## Data shown
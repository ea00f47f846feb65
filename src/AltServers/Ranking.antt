-- ===== src/AltServers/Ranking.antt =====
-- A client is offered the closest servers.
use dnbd.Base.{
  ℕ, zero, suc, ◌+◌, ◌-◌, ◌≤◌, ◌<◌, ◌≡◌, ◌≢◌, ◌⊎◌, inl, inr, refl, sym, ap, subst, Bool, true,
  false, Option, none, some, List, [], ◌∷◌, map, ltb, ◌==◌, if◌then◌else◌, min, ◌↔◌, Bool-cases,
  Option-cases, length, get_or, set, All, All-get_or, All-map, get_or-set_ne, arith,
}
use dnbd.AltServers.Defs.{Host, AltServer, is_image_allowed, net_closeness}
use dnbd.AltServers.Lists.{score, highest, by_score, list_for_client}

abbrev pub at : List ℕ → ℕ → ℕ
at s i = get_or s i 0

-- What `highest` finds: the candidate, or a place of the list that is better.
abbrev IsAbove : Option (ℕ × ℕ) → ℕ → Type 0
IsAbove none v = 0 < v
IsAbove (some (b, w)) v = w ≤ v

abbrev Top : List ℕ → ℕ → Option (ℕ × ℕ) → Option (ℕ × ℕ) → Type 0
Top xs i best none = (best ≡ none) × All (λ x. x ≡ 0) xs
Top xs i best (some (k, v)) =
    All (λ x. x ≤ v) xs × IsAbove best v × ((best ≡ some (k, v)) ⊎ ((i ≤ k) × (at xs (k - i) ≡ v)))

at_cons :
    (x : ℕ) (xs : List ℕ) (i k v : ℕ)
    → i + 1 ≤ k
    → at xs (k - (i + 1)) ≡ v
    → at (x ∷ xs) (k - i) ≡ v
at_cons x xs i k v h e = let q : k - i ≡ suc (k - (i + 1)) = omega arith in rw q e

-- An element that is not above the candidate.
abbrev IsBelow : Option (ℕ × ℕ) → ℕ → Type 0
IsBelow none x = x ≡ 0
IsBelow (some (b, w)) x = x ≤ w

below_le : (best : Option (ℕ × ℕ)) (x v : ℕ) → IsBelow best x → IsAbove best v → x ≤ v
below_le none x v h k = omega arith
below_le (some (b, w)) x v h k = omega arith

Top-skip :
    (x : ℕ) (xs : List ℕ) (i : ℕ) (best r : Option (ℕ × ℕ))
    → IsBelow best x
    → Top xs (i + 1) best r
    → Top (x ∷ xs) i best r
Top-skip x xs i none none h t = (refl, (h, t.1))
Top-skip x xs i (some (b, w)) none h t = cc
Top-skip x xs i best (some (k, v)) h t = (
  (below_le best x v h t.1, t.0),
  t.1,
  elim t.2 [ inl e ↦ inl e | inr q ↦ inr (omega (arith, q.0), at_cons x xs i k v q.0 q.1) ],
)

Top-take :
    (x : ℕ) (xs : List ℕ) (i : ℕ) (best r : Option (ℕ × ℕ))
    → IsAbove best x
    → Top xs (i + 1) (some (i, x)) r
    → Top (x ∷ xs) i best r
Top-take x xs i best none h t = cc
Top-take x xs i best (some (k, v)) h t = (
  (t.1, t.0),
  above_trans best h t.1,
  elim t.2 [
    | inl e ↦ inr (ground arith, at_here e)
    | inr q ↦ inr (omega (arith, q.0), at_cons x xs i k v q.0 q.1)
  ],
)
  where
    above_trans : (best : Option (ℕ × ℕ)) → IsAbove best x → x ≤ v → IsAbove best v
    above_trans none h l = omega arith
    above_trans (some (b, w)) h l = omega arith

    at_here : ◌≡◌ {A = Option (ℕ × ℕ)} (some (i, x)) (some (k, v)) → at (x ∷ xs) (k - i) ≡ v
    at_here e = let z : k - i ≡ 0 = ground arith in rw z (ground arith)

highest-Top : (xs : List ℕ) (i : ℕ) (best : Option (ℕ × ℕ)) → Top xs i best (highest xs i best)
unfolding highest
highest-Top [] i none = (refl, tt)
highest-Top [] i (some (b, w)) = (tt, omega arith, inl refl)
highest-Top (x ∷ xs) i none = elim (Bool-cases (x == 0)) [
  | inl z ↦
      rw z (
        Top-skip x xs i none (highest xs (i + 1) none) (ground arith) (highest-Top xs (i + 1) none))
  | inr p ↦ rw p (
      Top-take x xs i none (highest xs (i + 1) (some (i, x))) (ground arith)
        (highest-Top xs (i + 1) (some (i, x))))
]
highest-Top (x ∷ xs) i (some (b, w)) = elim (Bool-cases (ltb w x)) [
  | inl z ↦ rw z (
      Top-take x xs i (some (b, w)) (highest xs (i + 1) (some (i, x))) (ground arith)
        (highest-Top xs (i + 1) (some (i, x))))
  | inr p ↦ rw p (
      Top-skip x xs i (some (b, w)) (highest xs (i + 1) (some (b, w))) (ground arith)
        (highest-Top xs (i + 1) (some (b, w))))
]

-- Is an index in a list?
unfoldable pub is_in : ℕ → List ℕ → Bool
is_in k [] = false
is_in k (i ∷ r) = if i == k then true else is_in k r

abbrev pub Once : List ℕ → Type 0
Once [] = Unit
Once (i ∷ r) = (is_in i r ≡ false) × Once r

abbrev pub Descending : List ℕ → List ℕ → Type 0
Descending s [] = Unit
Descending s (i ∷ r) = All (λ j. at s j ≤ at s i) r × Descending s r

-- A ranking of at most `n` of the indices whose score is not 0, the highest first.
pub record Ranking (s : List ℕ) (n : ℕ) (r : List ℕ) : Type 0 where
  pub few : length r ≤ n
  pub offered : All (λ i. 0 < at s i) r
  pub once : Once r
  pub ordered : Descending s r
  pub others :
      (k : ℕ) → is_in k r ≡ false → All (λ i. at s k ≤ at s i) r × (length r < n → at s k ≡ 0)

pub All-at : (s : List ℕ) (v k : ℕ) → All (λ x. x ≤ v) s → at s k ≤ v
All-at s v k h = All-get_or (λ x. x ≤ v) s k 0 (omega arith) h

at-clear_self : (s : List ℕ) (i : ℕ) → at (set s i 0) i ≡ 0
at-clear_self [] i = refl
at-clear_self (x ∷ s) zero = refl
at-clear_self (x ∷ s) (suc i) = at-clear_self s i

Descending-eq :
    (s s' : List ℕ) (r : List ℕ) → All (λ j. at s' j ≡ at s j) r → Descending s' r → Descending s r
Descending-eq s s' [] same d = tt
Descending-eq s s' (i ∷ r) same d = (go r same.1 d.0, Descending-eq s s' r same.1 d.1)
  where
    go :
        (q : List ℕ)
        → All (λ j. at s' j ≡ at s j) q
        → All (λ j. at s' j ≤ at s' i) q
        → All (λ j. at s j ≤ at s i) q
    go [] e h = tt
    go (j ∷ q) e h = (omega (arith, e.0, h.0, same.0), go q e.1 h.1)

not_in : (i : ℕ) (r : List ℕ) → All (λ j. j ≢ i) r → is_in i r ≡ false
unfolding is_in
not_in i [] h = refl
not_in i (j ∷ r) h = ground (arith, h.0, not_in i r h.1)

-- The best index in front of a ranking of the rest.
module _ (s : List ℕ) (n i : ℕ) (r : List ℕ) (top : All (λ x. x ≤ at s i) s)
    (some_score : 0 < at s i) where
  Ranking-cons : Ranking (set s i 0) n r → Ranking s (suc n) (i ∷ r)
  unfolding is_in
  Ranking-cons k =
      let s' = set s i 0 in
      let clear = at-clear_self s i in
      let same : (j : ℕ) → j ≢ i → at s' j ≡ at s j =
        λ j h. get_or-set_ne s i j 0 0 (λ e. h (sym e)) in
      let apart : All (λ j. j ≢ i) r =
        All-map (λ j. 0 < at s' j) r (λ j p e. absurd (omega (arith, ap (at s') e, clear, p)))
          k.offered in
      let equal : All (λ j. at s' j ≡ at s j) r = All-map (λ j. j ≢ i) r same apart in
      let below : (j : ℕ) → at s j ≤ at s i = λ j. All-at s (at s i) j top in
      record {
        few = omega (arith, k.few);
        offered = (some_score, All-both r k.offered equal);
        once = (not_in i r apart, k.once);
        ordered =
            (All-map (λ j. j ≢ i) r (λ j h. below j) apart, Descending-eq s s' r equal k.ordered);
        others = λ m h.
            let ne : m ≢ i = ground arith in
            let out : is_in m r ≡ false = ground arith in
            let o = k.others m out in
            (
              (below m, All-le r m (same m ne) o.0 equal),
              λ l. ground (arith, o.1 (omega (arith, l)), same m ne),
            );
      }
    where
      All-both :
          (q : List ℕ)
          → All (λ j. 0 < at (set s i 0) j) q
          → All (λ j. at (set s i 0) j ≡ at s j) q
          → All (λ j. 0 < at s j) q
      All-both [] p e = tt
      All-both (j ∷ q) p e = (omega (arith, p.0, e.0), All-both q p.1 e.1)

      All-le :
          (q : List ℕ) (m : ℕ)
          → at (set s i 0) m ≡ at s m
          → All (λ j. at (set s i 0) m ≤ at (set s i 0) j) q
          → All (λ j. at (set s i 0) j ≡ at s j) q
          → All (λ j. at s m ≤ at s j) q
      All-le [] m sm p e = tt
      All-le (j ∷ q) m sm p e = (omega (arith, p.0, e.0, sm), All-le q m sm p.1 e.1)

-- One round of the outer loop.
ranked :
    (n : ℕ) (s : List ℕ) (r : Option (ℕ × ℕ)) (rest : ℕ → List ℕ)
    → Top s 0 none r
    → ((i : ℕ) → Ranking (set s i 0) n (rest i))
    → Ranking s (suc n) (elim r [ none ↦ [] | some (i, value) ↦ i ∷ rest i ])
unfolding is_in
ranked n s none rest t k = record {
  few = omega arith;
  offered = tt;
  once = tt;
  ordered = tt;
  others = λ m h. (tt, λ l. All-get_or (λ x. x ≡ 0) s m 0 refl t.1);
}
ranked n s (some (i, v)) rest t k =
    let found : at s i ≡ v = elim t.2 [
      | inl e ↦ cc
      | inr q ↦ subst (λ m. at s m ≡ v) (omega arith) q.1
    ] in
    Ranking-cons s n i (rest i) (subst (λ w. All (λ x. x ≤ w) s) (sym found) t.0)
      (omega (arith, found, t.1)) (k i)

by_score-Ranking : (n : ℕ) (s : List ℕ) → Ranking s n (by_score n s)
unfolding by_score
by_score-Ranking zero s = record {
  few = omega arith;
  offered = tt;
  once = tt;
  ordered = tt;
  others = λ k h. (tt, λ l. absurd (omega arith));
}
by_score-Ranking (suc n) s =
    ranked n s (highest s 0 none) (λ i. by_score n (set s i 0)) (highest-Top s 0 none)
      (λ i. by_score-Ranking n (set s i 0))

abbrev pub IsOffered : List ℕ → AltServer → Type 0
IsOffered image s = (s.host.kind ≢ 0) × (s.is_private ≡ false) × (is_image_allowed s image ≡ true)

score_iff :
    (host : Host) (image : List ℕ) (s : AltServer) → (0 < score host image s) ↔ IsOffered image s
unfolding score
score_iff host image s = elim (Option-cases (net_closeness host s.host)) [
  | inl e ↦ rw e (λ h. ground arith, λ h. ground arith)
  | inr (c, e) ↦ rw e (λ h. ground arith, λ h. ground arith)
]

-- One closeness is at most another; `none` stands for -1.
abbrev pub IsNoCloser : Option ℕ → Option ℕ → Type 0
IsNoCloser none d = Unit
IsNoCloser (some c) none = ⊥
IsNoCloser (some c) (some d) = c ≤ d

score_offered :
    (host : Host) (image : List ℕ) (s : AltServer)
    → IsOffered image s
    → score host image s ≡ elim (net_closeness host s.host) [ none ↦ 9 | some c ↦ 10 + c ]
unfolding score
score_offered host image s h = ground (arith, h.0, h.1, h.2)

-- Among the servers that may be offered, the scores order as the closeness does.
score-closeness :
    (host : Host) (image : List ℕ) (s t : AltServer)
    → IsOffered image s
    → IsOffered image t
    → (score host image s ≤ score host image t)
      ↔ IsNoCloser (net_closeness host s.host) (net_closeness host t.host)
score-closeness host image s t hs ht =
    rw (score_offered host image s hs, score_offered host image t ht)
      (order (net_closeness host s.host) (net_closeness host t.host))
  where
    order :
        (c d : Option ℕ)
        → (elim c [ none ↦ 9 | some c ↦ 10 + c ] ≤ elim d [ none ↦ 9 | some d ↦ 10 + d ])
          ↔ IsNoCloser c d
    order none none = (λ h. tt, λ h. omega arith)
    order none (some d) = (λ h. tt, λ h. omega arith)
    order (some c) none = (λ h. absurd (omega arith), λ h. absurd h)
    order (some c) (some d) = (λ h. omega arith, λ h. omega arith)

-- What a score says of a server: a score above 0 that it may be offered, and the order of two such scores
-- which of the servers is closer to the host.
abbrev pub ScoreIsRight : Host → List ℕ → Type 0
ScoreIsRight host image =
    ((s : AltServer) → (0 < score host image s) ↔ IsOffered image s)
    × ((s t : AltServer)
        → IsOffered image s
        → IsOffered image t
        → (score host image s ≤ score host image t)
          ↔ IsNoCloser (net_closeness host s.host) (net_closeness host t.host))

-- For a client whose address is known, altservers_getListForClient offers at most `size` servers and
-- none twice. Each is in use, not for replication only, and allowed for the image; the closest by
-- `net_closeness` stand first, another address family being the farthest; a server that is left out is not closer than one that is offered; and if fewer than `size`
-- and fewer than all are offered, none that could be is left out.
pub list_for_client-Ranking :
    (host : Host) (image : List ℕ) (size : ℕ) (servers : List AltServer)
    → host.kind ≢ 0
    → Ranking
        (map (score host image) servers)
        (min size (length servers))
        (list_for_client host image size servers)
      × ScoreIsRight host image
unfolding list_for_client
list_for_client-Ranking host image size [] known =
    let kind : (host.kind == 0) ≡ false = ground arith in
    let none_left : min size 0 ≡ 0 = omega arith in
    (
      rw (kind, none_left) (by_score-Ranking 0 []),
      (score_iff host image, score-closeness host image),
    )
list_for_client-Ranking host image size (s ∷ servers) known =
    let kind : (host.kind == 0) ≡ false = ground arith in
    let n = length (s ∷ servers) in
    let some_left : (n == 0) ≡ false = ground arith in
    let least : (if ltb n size then n else size) ≡ min size n = ground arith in
    (
      rw (kind, some_left, least)
          (by_score-Ranking (min size n) (map (score host image) (s ∷ servers))),
      (score_iff host image, score-closeness host image),
    )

## Task goal
From the entries above, give again exactly the lines running from the line with "λ j h. get_or-set_ne" to the line with "let out : is_in"; include both of those lines.

## Response area
        λ j h. get_or-set_ne s i j 0 0 (λ e. h (sym e)) in
      let apart : All (λ j. j ≢ i) r =
        All-map (λ j. 0 < at s' j) r (λ j p e. absurd (omega (arith, ap (at s') e, clear, p)))
          k.offered in
      let equal : All (λ j. at s' j ≡ at s j) r = All-map (λ j. j ≢ i) r same apart in
      let below : (j : ℕ) → at s j ≤ at s i = λ j. All-at s (at s i) j top in
      record {
        few = omega (arith, k.few);
        offered = (some_score, All-both r k.offered equal);
        once = (not_in i r apart, k.once);
        ordered =
            (All-map (λ j. j ≢ i) r (λ j h. below j) apart, Descending-eq s s' r equal k.ordered);
        others = λ m h.
            let ne : m ≢ i = ground arith in
            let out : is_in m r ≡ false = ground arith in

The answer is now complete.